TRY IT:
How many lines of these records hold the string "loop"? Reply with the number alone.

Saved data entries

-------------------------

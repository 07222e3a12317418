-- ===== src/Scheduler/Eevdf.antt =====
-- src/thread/schedulers/eevdf.rs: the EEVDF scheduler. A method that takes `&mut self` returns the
-- new scheduler; integer arithmetic is that of a debug build, so it may panic.
pub mod Deadline
pub mod Candidates
pub mod Pick
pub mod Charge
pub mod Invariant
pub mod Tick
pub mod Switch
pub mod Blocking
pub mod Sums
pub mod NoPanic
use molt_os.Prelude.{
  ℕ, suc, ◌-◌, ◌/◌, max, min, Bool, true, false, ◌&&◌, not, Option, none, some, List, [], ◌∷◌, ◌++◌,
  ltb, leb, ◌==◌, if◌then◌else◌, length, set, Checked, ok, ◌>>=◌, add64, mul64, div64, u64_max,
  saturating_add, index,
}
use molt_os.Scheduler.Thread.{Thread, context_ptr}

abbrev pub default_weight : ℕ
default_weight = 1024

-- In ticks.
abbrev pub min_time_slice : ℕ
min_time_slice = 1

pub record ThreadMeta : Type 0 where
  pub vruntime : ℕ
  pub weight : ℕ
  pub blocked : Bool

-- `ThreadMeta::new`.
abbrev pub fresh_meta : ThreadMeta
fresh_meta = record { vruntime = 0; weight = default_weight; blocked = false }

-- `ThreadMeta::virtual_deadline`.
unfoldable pub virtual_deadline : ThreadMeta → ℕ → ℕ → Checked ℕ
virtual_deadline m time_slice sum_weights = if m.weight == 0 then ok u64_max else (do
  a ← mul64 time_slice sum_weights
  b ← mul64 a 1024
  share ← div64 b m.weight
  add64 m.vruntime share)

pub record EevdfScheduler : Type 0 where
  pub threads : List Thread
  pub metadata : List ThreadMeta
  pub current : Option ℕ
  pub min_vruntime : ℕ
  pub last_switch_tick : ℕ

-- `EevdfScheduler::new`.
abbrev pub new : EevdfScheduler
new = record { threads = []; metadata = []; current = none; min_vruntime = 0; last_switch_tick = 0 }

unfoldable pub spawn : EevdfScheduler → Thread → EevdfScheduler
spawn s t = record s { threads = s.threads ++ (t ∷ []); metadata = s.metadata ++ (fresh_meta ∷ []) }

unfoldable pub spawn_with_weight : EevdfScheduler → Thread → ℕ → EevdfScheduler
spawn_with_weight s t weight =
    let meta : ThreadMeta = record fresh_meta { weight = max weight 1 } in
    record s { threads = s.threads ++ (t ∷ []); metadata = s.metadata ++ (meta ∷ []) }

unfoldable pub len : EevdfScheduler → ℕ
len s = length s.threads

-- `self.current.map(|idx| self.threads[idx].id)`.
unfoldable pub current_thread_id : EevdfScheduler → Checked (Option ℕ)
current_thread_id s = elim s.current [
  | none ↦ ok none
  | some idx ↦ index s.threads idx >>= λ t. ok (some t.id)
]

-- The index of the first thread with this id: the loop of `unblock_thread`.
unfoldable pub position_of : ℕ → List Thread → Option ℕ
position_of id [] = none
position_of id (t ∷ ts) =
    let rest = position_of id ts in
    if t.id == id then some 0 else elim rest [ none ↦ none | some i ↦ some (suc i) ]

abbrev pub set_blocked : Bool → ThreadMeta → ThreadMeta
set_blocked b m = record m { blocked = b }

-- `self.metadata[i].blocked = b`.
unfoldable pub mark : Bool → ℕ → EevdfScheduler → Checked EevdfScheduler
mark b i s = do
  m ← index s.metadata i
  ok (record s { metadata = set s.metadata i (set_blocked b m) })

-- `metadata.iter().filter(|m| !m.blocked)`.
unfoldable pub runnable : List ThreadMeta → List ThreadMeta
runnable [] = []
runnable (m ∷ ms) = let rest = runnable ms in if m.blocked then rest else m ∷ rest

-- `.map(|m| m.weight).sum()`, which adds to `acc` from the left.
unfoldable pub sum_from : ℕ → List ThreadMeta → Checked ℕ
sum_from acc [] = ok acc
sum_from acc (m ∷ ms) = add64 acc m.weight >>= λ acc'. sum_from acc' ms

unfoldable pub sum_weights : List ThreadMeta → Checked ℕ
sum_weights ms = sum_from 0 (runnable ms)

-- `.map(|m| m.vruntime).min()`.
unfoldable pub min_from : ℕ → List ThreadMeta → ℕ
min_from best [] = best
min_from best (m ∷ ms) = min_from (min best m.vruntime) ms

unfoldable pub min_vruntime_or : ℕ → List ThreadMeta → ℕ
min_vruntime_or d [] = d
min_vruntime_or d (m ∷ ms) = min_from m.vruntime ms

-- `self.metadata[prev_idx].vruntime += (time_slice * weight * 1024) / sum_weights`.
unfoldable pub charge_by : ℕ → List ThreadMeta → ℕ → ℕ → Checked (List ThreadMeta)
charge_by prev ms time_slice sum = do
  m ← index ms prev
  a ← mul64 time_slice m.weight
  b ← mul64 a 1024
  share ← div64 b sum
  v ← add64 m.vruntime share
  ok (set ms prev (record m { vruntime = v }))

-- The vruntime of the thread that is switched away from grows by its share of the time slice.
unfoldable pub charge : Option ℕ → List ThreadMeta → ℕ → Checked (List ThreadMeta)
charge none ms time_slice = ok ms
charge (some prev) ms time_slice = do
  sum ← sum_weights ms
  if ltb 0 sum then charge_by prev ms time_slice sum else ok ms

abbrev pub eligible : ℕ → ThreadMeta → Bool
eligible limit m = not m.blocked && leb m.vruntime limit

-- `metadata.iter().enumerate().filter(...)`, from index `i` on.
unfoldable pub candidates : ℕ → ℕ → List ThreadMeta → List (ℕ × ThreadMeta)
candidates limit i [] = []
candidates limit i (m ∷ ms) =
    let rest = candidates limit (suc i) ms in if eligible limit m then (i, m) ∷ rest else rest

-- `min_by`: the first of the candidates with the least virtual deadline.
unfoldable pub min_by_deadline :
    ℕ → ℕ → ℕ × ThreadMeta → List (ℕ × ThreadMeta) → Checked (ℕ × ThreadMeta)
min_by_deadline time_slice sum best [] = ok best
min_by_deadline time_slice sum best (c ∷ cs) = do
  a ← virtual_deadline best.1 time_slice sum
  b ← virtual_deadline c.1 time_slice sum
  min_by_deadline time_slice sum (if ltb b a then c else best) cs

-- `metadata.iter().enumerate().find(|(_, meta)| !meta.blocked)`: the fallback.
unfoldable pub first_runnable : ℕ → List ThreadMeta → Option ℕ
first_runnable i [] = none
first_runnable i (m ∷ ms) =
    let rest = first_runnable (suc i) ms in if m.blocked then rest else some i

unfoldable pub pick_from : ℕ → ℕ → List ThreadMeta → List (ℕ × ThreadMeta) → Checked (Option ℕ)
pick_from time_slice sum ms [] = ok (first_runnable 0 ms)
pick_from time_slice sum ms (c ∷ cs) = do
  best ← min_by_deadline time_slice sum c cs
  ok (some best.0)

-- The index of the thread to run next: `next_idx`.
unfoldable pub pick : ℕ → ℕ → ℕ → List ThreadMeta → Checked (Option ℕ)
pick time_slice sum limit ms = pick_from time_slice sum ms (candidates limit 0 ms)

abbrev pub is_current : Option ℕ → ℕ → Bool
is_current none i = false
is_current (some p) i = p == i

-- The switch is skipped: already on the best thread, with a timer, within one time slice.
abbrev pub skips : EevdfScheduler → ℕ → ℕ → Bool
skips s current_tick next =
    is_current s.current next
    && (not (current_tick == 0) && ltb (current_tick - s.last_switch_tick) min_time_slice)

-- `from_ctx`.
unfoldable pub from_context : EevdfScheduler → ℕ → Option ℕ → Checked ℕ
from_context s bootstrap_ctx none = ok bootstrap_ctx
from_context s bootstrap_ctx (some p) = index s.threads p >>= λ t. ok (context_ptr t)

-- Record the switch to thread `next`, and return both context pointers.
unfoldable pub switch_to : EevdfScheduler → ℕ → ℕ → ℕ → Checked (EevdfScheduler × Option (ℕ × ℕ))
switch_to s bootstrap_ctx current_tick next = do
  from_ctx ← from_context s bootstrap_ctx s.current
  t ← index s.threads next
  ok (
    record s { current = some next; last_switch_tick = current_tick },
    some (from_ctx, context_ptr t),
  )

-- The end of `tick_prepare`.
unfoldable pub commit : EevdfScheduler → ℕ → ℕ → ℕ → Checked (EevdfScheduler × Option (ℕ × ℕ))
commit s bootstrap_ctx current_tick next =
    if skips s current_tick next then ok (s, none) else switch_to s bootstrap_ctx current_tick next

abbrev pub time_slice_of : EevdfScheduler → ℕ → ℕ
time_slice_of s current_tick = elim s.current [
  | none ↦ min_time_slice
  | some p ↦ max (current_tick - s.last_switch_tick) min_time_slice
]

-- The bookkeeping before the choice: the metadata and `min_vruntime` that the choice is made by.
unfoldable pub account : EevdfScheduler → ℕ → Checked EevdfScheduler
account s time_slice = do
  ms ← charge s.current s.metadata time_slice
  ok (record s { metadata = ms; min_vruntime = min_vruntime_or s.min_vruntime (runnable ms) })

-- `None` when all threads are blocked.
unfoldable pub choose : EevdfScheduler → ℕ → Checked (Option ℕ)
choose s time_slice = do
  sum ← sum_weights s.metadata
  pick time_slice sum (saturating_add s.min_vruntime (max sum 1)) s.metadata

-- `match next_idx`, and what follows it.
unfoldable pub conclude :
    EevdfScheduler → ℕ → ℕ → Option ℕ → Checked (EevdfScheduler × Option (ℕ × ℕ))
conclude s bootstrap_ctx current_tick none = ok (s, none)
conclude s bootstrap_ctx current_tick (some next) = commit s bootstrap_ctx current_tick next

-- `tick_prepare` with at least one thread.
unfoldable pub tick_threads : EevdfScheduler → ℕ → ℕ → Checked (EevdfScheduler × Option (ℕ × ℕ))
tick_threads s bootstrap_ctx current_tick = do
  s' ← account s (time_slice_of s current_tick)
  next ← choose s' (time_slice_of s current_tick)
  conclude s' bootstrap_ctx current_tick next

unfoldable pub tick_prepare : EevdfScheduler → ℕ → ℕ → Checked (EevdfScheduler × Option (ℕ × ℕ))
tick_prepare s bootstrap_ctx current_tick =
    if length s.threads == 0 then ok (s, none) else tick_threads s bootstrap_ctx current_tick

-- `if let Some(idx) = self.current { self.metadata[idx].blocked = true; }`.
unfoldable pub block_at : Option ℕ → EevdfScheduler → Checked EevdfScheduler
block_at none s = ok s
block_at (some idx) s = mark true idx s

unfoldable pub block_current : EevdfScheduler → Checked EevdfScheduler
block_current s = block_at s.current s

-- The same for the index that the loop of `unblock_thread` finds.
unfoldable pub unblock_at : Option ℕ → EevdfScheduler → Checked EevdfScheduler
unblock_at none s = ok s
unblock_at (some i) s = mark false i s

unfoldable pub unblock_thread : EevdfScheduler → ℕ → Checked EevdfScheduler
unblock_thread s id = unblock_at (position_of id s.threads) s

unfoldable pub block_current_and_prepare_switch :
    EevdfScheduler → ℕ → ℕ → Checked (EevdfScheduler × Option (ℕ × ℕ))
block_current_and_prepare_switch s bootstrap_ctx current_tick = do
  s' ← block_current s
  tick_prepare s' bootstrap_ctx current_tick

-------------------------

TASK RESPONSE:
2